* [Provided entries]:
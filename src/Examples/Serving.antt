-- ===== src/Examples/Serving.antt =====
-- The start of the program, its routes and its pool on small inputs.
use hermes_manager.Prelude.{
  lookup, ℕ, Bool, true, zero, suc, String, ◌≡◌, refl, ◌⊎◌, inl, inr, false, Option, some, List, [],
  ◌∷◌, ok, err, pure, error, get_elem?, ◌==◌, ◌&&◌, if◌then◌else◌, Bool-cases, eq_iff, arith,
}
use hermes_manager.Storage.{running, ℤ, pos}
use hermes_manager.World.{World}
use hermes_manager.Policy.{rules_of}
use hermes_manager.Postgres.{ping}
use hermes_manager.Postgres.Pool.{Pgx, wrapped, env_int, pool_settings}
use hermes_manager.Postgres.Pool as Pool
use hermes_manager.Postgres.Pool.Bounds.{IsBounded, pool_settings-IsBounded}
use hermes_manager.Runtime.{Runtime, Factory}
use hermes_manager.Runtime.Drivers.Local.{local_runtime}
use hermes_manager.Api.Response.{write_error}
use hermes_manager.Api.Auth.{Request, Handler}
use hermes_manager.Api.TaskService.Steps.{server}
use hermes_manager.Api.TaskService.Success.{scheduler_of}
use hermes_manager.Api.Routes.{Route, Http, handler}
use hermes_manager.Api.Routes.Outcome.{IsMux, Serves}
use hermes_manager.Api.Routes.Safe.{handler-safe}
use hermes_manager.Api.Routes.Kept.{run_requests, run_requests-IsFrozen}
use hermes_manager.Api.TaskService.Frozen.{IsFrozen}
use hermes_manager.Main.{Environment}
use hermes_manager.Examples.Data.{
  library_functions, machine, task_of, world_of, busy_db, local_only, deny_guests,
}
use hermes_manager.Examples.Requests.{rules, request_of, local_only-AllKeepTables}
use hermes_manager.Examples.Loading.{skill_files}

-- Whether a route's method serves that of the request, as the source's `http.ServeMux` tests it.
serves_method : String → String → Bool
serves_method method asked =
    if method == asked then true else (method == "GET") && (asked == "HEAD")

-- The first route whose method serves the request's and whose pattern is its path.
exact_mux : List Route → Handler
exact_mux [] req w = (write_error 404 (error "404 page not found"), w)
exact_mux (r ∷ rs) req w =
    let rest = exact_mux rs req w in
    if serves_method r.method req.method && (r.pattern == req.path) then r.handler req w else rest

serves_method-Serves :
    (r : Route) (req : Request) → serves_method r.method req.method ≡ true → Serves r req
unfolding serves_method
serves_method-Serves r req h = elim (Bool-cases (r.method == req.method)) [
  | inl same ↦ inl ((eq_iff r.method req.method).0 same)
  | inr other ↦
      inr ((eq_iff r.method "GET").0 (ground arith), (eq_iff req.method "HEAD").0 (ground arith))
]

exact_mux-served :
    (rs : List Route) (req : Request) (w : World)
    → ((exact_mux rs req w).1 ≡ w)
      ⊎ ((n : ℕ) × (r : Route) × (get_elem? rs n ≡ some r)
          × Serves r req
          × (exact_mux rs req w ≡ r.handler req w))
unfolding exact_mux
exact_mux-served [] req w = inl refl
exact_mux-served (r ∷ rs) req w =
    elim (Bool-cases (serves_method r.method req.method && (r.pattern == req.path))) [
      | inl matched ↦
          inr (zero, r, refl, serves_method-Serves r req (ground arith), rw (matched) refl)
      | inr other ↦ elim (exact_mux-served rs req w) [
        | inl same ↦ inl (rw (other) same)
        | inr (n, s, there, method, ran) ↦ inr (suc n, s, there, method, rw (other) ran)
      ]
    ]

exact_mux-IsMux : IsMux exact_mux
exact_mux-IsMux = record { served = exact_mux-served }

abbrev small_http : Http
small_http = record {
  mux = exact_mux;
  path_value = λ req name. "t1";
  query = λ req name. "";
  task_body = λ req. ok (request_of "ann");
  event_post = λ req. record { authorization = req.authorization; body = err (error "EOF") };
  pages = λ req w. (write_error 404 (error "404 page not found"), w);
}

abbrev list_request : Request
list_request = record {
  method = "HEAD";
  path = "/v1/tasks";
  authorization = "Bearer key";
  content = "";
}

handler-safe_example :
    (handler small_http library_functions
      (server library_functions (scheduler_of (some local_only)) rules)
      ping
      "key"
      list_request
      (world_of busy_db)).1.db
    ≡ busy_db
handler-safe_example =
    handler-safe small_http library_functions (scheduler_of (some local_only)) rules (λ req w. refl)
      "key" list_request (world_of busy_db) exact_mux-IsMux refl

abbrev task_post : Request
task_post = record {
  method = "POST";
  path = "/v1/tasks";
  authorization = "Bearer key";
  content = "{}";
}

-- The second task runs behind a revoked token.
t2-IsFrozen : IsFrozen "t2" (task_of "t2" 20 running) busy_db
unfolding lookup
t2-IsFrozen = (refl, (record { token_hash = "#other"; revoked = true }, refl, refl))

run_requests-IsFrozen_example :
    IsFrozen "t2"
      (task_of "t2" 20 running)
      (run_requests small_http library_functions
        (some local_only)
        rules
        "key"
        (task_post ∷ list_request ∷ [])
        (world_of busy_db)).db
run_requests-IsFrozen_example =
    run_requests-IsFrozen small_http library_functions (some local_only) rules
      local_only-AllKeepTables (λ req w. refl) "t2" (task_of "t2" 20 running) "key"
      (task_post ∷ list_request ∷ []) (world_of busy_db) exact_mux-IsMux t2-IsFrozen

-- PG_MAX_CONNS is 2 ^ 32 + 1, PG_MIN_CONNS is 7.
abbrev crowded : String → String
crowded name = if name == "PG_MAX_CONNS" then "4294967297" else "7"

abbrev crowded_atoi : String → Option ℤ
crowded_atoi text = if text == "7" then some (pos 7) else some (pos 4294967297)

pool_settings-IsBounded_example : IsBounded (pool_settings crowded crowded_atoi)
pool_settings-IsBounded_example = pool_settings-IsBounded crowded crowded_atoi

one_connection : (pool_settings crowded crowded_atoi).max_conns ≡ pos 1
unfolding pool_settings env_int wrapped
one_connection = refl

abbrev small_pgx : Pgx
small_pgx = record {
  Config = String;
  Pool = String;
  parse_config = λ dsn. ok dsn;
  new_with_config = λ config settings. pure config;
  ping = λ pool. pure tt;
  exec = λ pool sql. pure tt;
  close = λ pool w. w;
}

abbrev local_factory : Factory World
local_factory w = (ok (local_runtime machine), w)

abbrev production : Environment
production = record {
  getenv = λ name.
      if name == "DATABASE_URL"
      then "postgres://db"
      else if name == "HERMESMANAGER_POLICY_FILE"
      then "policy.yaml"
      else "";
  http = small_http;
  lib = library_functions;
  pgx = small_pgx;
  migration = ok "CREATE TABLE";
  files = skill_files;
  exists = λ dir. false;
  read_rules = λ path. rules_of (deny_guests ∷ []);
  registry = ("local", local_factory) ∷ [];
}
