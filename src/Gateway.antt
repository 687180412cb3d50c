-- ===== src/Gateway.antt =====
-- internal/gateway: the Slack gateway.
pub mod Slack
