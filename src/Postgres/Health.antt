-- ===== src/Postgres/Health.antt =====
-- internal/storage/postgres/health.go: the background ping and `WaitForReady`, by the events that the
-- two loops select in turn.
use hermes_manager.Prelude.{
  String, ◌≡◌, refl, Bool, true, false, Option, none, some, List, [], ◌∷◌, ◌++◌, Result, ok, err,
  Error, errorf, plain,
}

-- A line of the log: the check failed, or it recovered.
pub data LogLine : Type 0 where
  check_failed : Error → LogLine
  check_recovered : LogLine

abbrev pub is_ok : Result (Unit {0}) → Bool
is_ok (ok _) = true
is_ok (err e) = false

-- What a tick writes to the log, by `wasHealthy` and the ping.
abbrev pub log_of : Bool → Result (Unit {0}) → List LogLine
log_of true (err e) = check_failed e ∷ []
log_of false (ok _) = check_recovered ∷ []
log_of true (ok _) = []
log_of false (err e) = []

-- The flag that `IsHealthy` returns and the log, after the pings of some ticks.
unfoldable pub health_check : Bool → List (Result (Unit {0})) → Bool × List LogLine
health_check healthy [] = (healthy, [])
health_check healthy (ping ∷ pings) =
    let (last, log) = health_check (is_ok ping) pings in (last, log_of healthy ping ++ log)

-- `StartHealthCheck`: healthy at the start.
unfoldable pub start_health_check : List (Result (Unit {0})) → Bool × List LogLine
start_health_check pings = health_check true pings

-- What `WaitForReady` selects: the context is done, the time is over, or a tick with its ping.
pub data WaitEvent : Type 0 where
  cancelled : Error → WaitEvent
  deadline : WaitEvent
  tick : Result (Unit {0}) → WaitEvent

-- Without a result it still waits.
unfoldable pub wait_for_ready : String → List WaitEvent → Option (Result (Unit {0}))
wait_for_ready timeout [] = none
wait_for_ready timeout (cancelled e ∷ events) = some (err e)
wait_for_ready timeout (deadline ∷ events) =
    some (err (errorf (plain "postgres: not ready after " ∷ plain timeout ∷ [])))
wait_for_ready timeout (tick (ok _) ∷ events) = some (ok tt)
wait_for_ready timeout (tick (err e) ∷ events) = wait_for_ready timeout events

-- A log that tells the states apart: from one health to another, each change by one line.
pub data Tells : Bool → Bool → List LogLine → Type 0 where
  same : {b : Bool} → Tells b b []
  broke :
      {last : Bool} {log : List LogLine} (e : Error)
      → Tells false last log
      → Tells true last (check_failed e ∷ log)
  mended :
      {last : Bool} {log : List LogLine}
      → Tells true last log
      → Tells false last (check_recovered ∷ log)

health_check-Tells :
    (healthy : Bool) (pings : List (Result (Unit {0})))
    → Tells healthy (health_check healthy pings).0 (health_check healthy pings).1
unfolding health_check
health_check-Tells healthy [] = same
health_check-Tells true (ok _ ∷ pings) = health_check-Tells true pings
health_check-Tells true (err e ∷ pings) = broke e (health_check-Tells false pings)
health_check-Tells false (ok _ ∷ pings) = mended (health_check-Tells true pings)
health_check-Tells false (err e ∷ pings) = health_check-Tells false pings

abbrev pub last_ok : Bool → List (Result (Unit {0})) → Bool
last_ok b [] = b
last_ok b (p ∷ ps) = last_ok (is_ok p) ps

health_check-last :
    (healthy : Bool) (pings : List (Result (Unit {0})))
    → (health_check healthy pings).0 ≡ last_ok healthy pings
unfolding health_check
health_check-last healthy [] = refl
health_check-last healthy (p ∷ ps) = health_check-last (is_ok p) ps

-- After any pings, the flag says whether the last one went through, true if there was none, and the log
-- has one line for each change of the flag, a failure and a recovery in turn, and no other.
pub start_health_check-Tells :
    (pings : List (Result (Unit {0})))
    → ((start_health_check pings).0 ≡ last_ok true pings)
      × Tells true (start_health_check pings).0 (start_health_check pings).1
unfolding start_health_check
start_health_check-Tells pings = (health_check-last true pings, health_check-Tells true pings)
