-- ===== src/Runtime/Drivers.antt =====
-- The drivers behind the `Runtime` interface.
pub mod Local
pub mod Capacity
pub mod Docker
pub mod Kubernetes
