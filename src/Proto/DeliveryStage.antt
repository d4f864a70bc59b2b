-- ===== src/Proto/DeliveryStage.antt =====
-- `DeliveryStage` of crates/maxops-proto/src/events.rs.
use maxops.Prelude.{
  ℕ, Bool, true, ◌==◌, String, ◌≡◌, ◌↔◌, refl, arith, str_eq, eq_of_str_eq, Result, ok, err,
  if◌then◌else◌,
}

pub data DeliveryStage : Type 0 where
  queued accepted confirmed : DeliveryStage

abbrev pub as_str : DeliveryStage → String
as_str queued = "queued"
as_str accepted = "accepted"
as_str confirmed = "confirmed"

-- The error is the message.
unfoldable pub parse : String → Result String DeliveryStage
parse value =
    if str_eq value "queued"
    then ok queued
    else if str_eq value "accepted"
    then ok accepted
    else if str_eq value "confirmed"
    then ok confirmed
    else err "invalid delivery stage"

abbrev index : DeliveryStage → ℕ
index queued = 0
index accepted = 1
index confirmed = 2

-- The derived `PartialEq`.
unfoldable pub eq : DeliveryStage → DeliveryStage → Bool
eq a b = index a == index b

pub eq_iff : (a b : DeliveryStage) → (eq a b ≡ true) ↔ (a ≡ b)
unfolding eq
eq_iff a b = ground arith

parse_complete : (s : DeliveryStage) → parse (as_str s) ≡ ok s
unfolding parse str_eq
parse_complete queued = refl
parse_complete accepted = refl
parse_complete confirmed = refl

parse_sound : (value : String) (s : DeliveryStage) → parse value ≡ ok s → value ≡ as_str s
unfolding parse
parse_sound value s h = ground (
  arith,
  eq_of_str_eq value "queued",
  eq_of_str_eq value "accepted",
  eq_of_str_eq value "confirmed",
)

-- Reading gives `s` exactly for the text that `s` is written as.
pub parse-as_str : (value : String) (s : DeliveryStage) → (parse value ≡ ok s) ↔ (value ≡ as_str s)
parse-as_str value s = (parse_sound value s, λ e. rw e (parse_complete s))
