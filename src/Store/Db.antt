-- ===== src/Store/Db.antt =====
-- The tables of crates/maxops-store/migrations. A column holds the value that the code writes into
-- it through `as_str`, `to_string` or JSON and reads back through `from_str`, `parse` or JSON.
use maxops.Prelude.{ℕ, String, Bool, Option, List}
use maxops.Proto.Ids.{JobId, ChangeId, EpisodeId}
use maxops.Proto.Json.{Value}
use maxops.Proto.Jobs.{Timestamp, JobRecord, JobEvent}
use maxops.Proto.Changes.{ChangeRecord}
use maxops.Proto.Events.{EventRecord, RemediationRecord}
use maxops.Proto.Observations.{ResourceObservation}
use maxops.Proto.Workspaces.{WorkspaceRecord}
use maxops.Proto.DeliveryStage.{DeliveryStage}

-- PRIMARY KEY (principal, key)
pub record IdempotencyRow : Type 0 where
  pub principal : String
  pub key : String
  pub spec_hash : String
  pub job_id : JobId
  pub created_at : Timestamp

-- PRIMARY KEY (resource_kind, resource_key). `revision` is an `i64`, given by its 64 bits.
pub record ResourceRow : Type 0 where
  pub resource_kind : String
  pub resource_key : String
  pub owner_job_id : JobId
  pub revision : ℕ
  pub acquired_at : Timestamp

-- A row of `changes`: the columns that `row_to_change` does not read stand beside the record.
pub record ChangeRow : Type 0 where
  pub id : ChangeId
  pub host : String
  pub change : ChangeRecord
  pub open change use {creator, revision, state}
  pub created_at : Timestamp
  pub workflow_job_id : Option JobId

-- PRIMARY KEY (source, fingerprint, host)
pub record EpisodeRow : Type 0 where
  pub source : String
  pub fingerprint : String
  pub host : String
  pub episode_id : EpisodeId
  pub active : Bool
  pub last_received_at : Timestamp

pub record SubscriptionRow : Type 0 where
  pub id : String
  pub filter : Value
  pub target : Value
  pub credential_ref : Option String
  pub cursor : ℕ
  pub acknowledged_at : Option Timestamp
  pub created_at : Timestamp

-- PRIMARY KEY (subscription_id, event_sequence)
pub record DeliveryRow : Type 0 where
  pub subscription_id : String
  pub event_sequence : ℕ
  pub stage : DeliveryStage
  pub attempts : ℕ
  pub retry_at : Option Timestamp
  pub response_status : Option ℕ
  pub updated_at : Timestamp

-- `job_sequence`, `event_sequence` and `observation_sequence` are the last numbers that
-- AUTOINCREMENT gave out; rows of observations stand in the order of theirs.
pub record Db : Type 0 where
  pub jobs : List JobRecord
  pub idempotency : List IdempotencyRow
  pub job_events : List JobEvent
  pub job_sequence : ℕ
  pub resources : List ResourceRow
  pub workspaces : List WorkspaceRecord
  pub changes : List ChangeRow
  pub episodes : List EpisodeRow
  pub events : List EventRecord
  pub event_sequence : ℕ
  pub subscriptions : List SubscriptionRow
  pub deliveries : List DeliveryRow
  pub remediations : List RemediationRecord
  pub observations : List ResourceObservation
  pub observation_sequence : ℕ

* [Action item]: In the entries above, find the line holding "-- PG_MAX_CONNS is" and the line holding "pgx = small_pgx;", then retype exactly those two lines and every line between them, and nothing else.

* [Task response]:
-- PG_MAX_CONNS is 2 ^ 32 + 1, PG_MIN_CONNS is 7.
abbrev crowded : String → String
crowded name = if name == "PG_MAX_CONNS" then "4294967297" else "7"

abbrev crowded_atoi : String → Option ℤ
crowded_atoi text = if text == "7" then some (pos 7) else some (pos 4294967297)

pool_settings-IsBounded_example : IsBounded (pool_settings crowded crowded_atoi)
pool_settings-IsBounded_example = pool_settings-IsBounded crowded crowded_atoi

one_connection : (pool_settings crowded crowded_atoi).max_conns ≡ pos 1
unfolding pool_settings env_int wrapped
one_connection = refl

abbrev small_pgx : Pgx
small_pgx = record {
  Config = String;
  Pool = String;
  parse_config = λ dsn. ok dsn;
  new_with_config = λ config settings. pure config;
  ping = λ pool. pure tt;
  exec = λ pool sql. pure tt;
  close = λ pool w. w;
}

abbrev local_factory : Factory World
local_factory w = (ok (local_runtime machine), w)

abbrev production : Environment
production = record {
  getenv = λ name.
      if name == "DATABASE_URL"
      then "postgres://db"
      else if name == "HERMESMANAGER_POLICY_FILE"
      then "policy.yaml"
      else "";
  http = small_http;
  lib = library_functions;
  pgx = small_pgx;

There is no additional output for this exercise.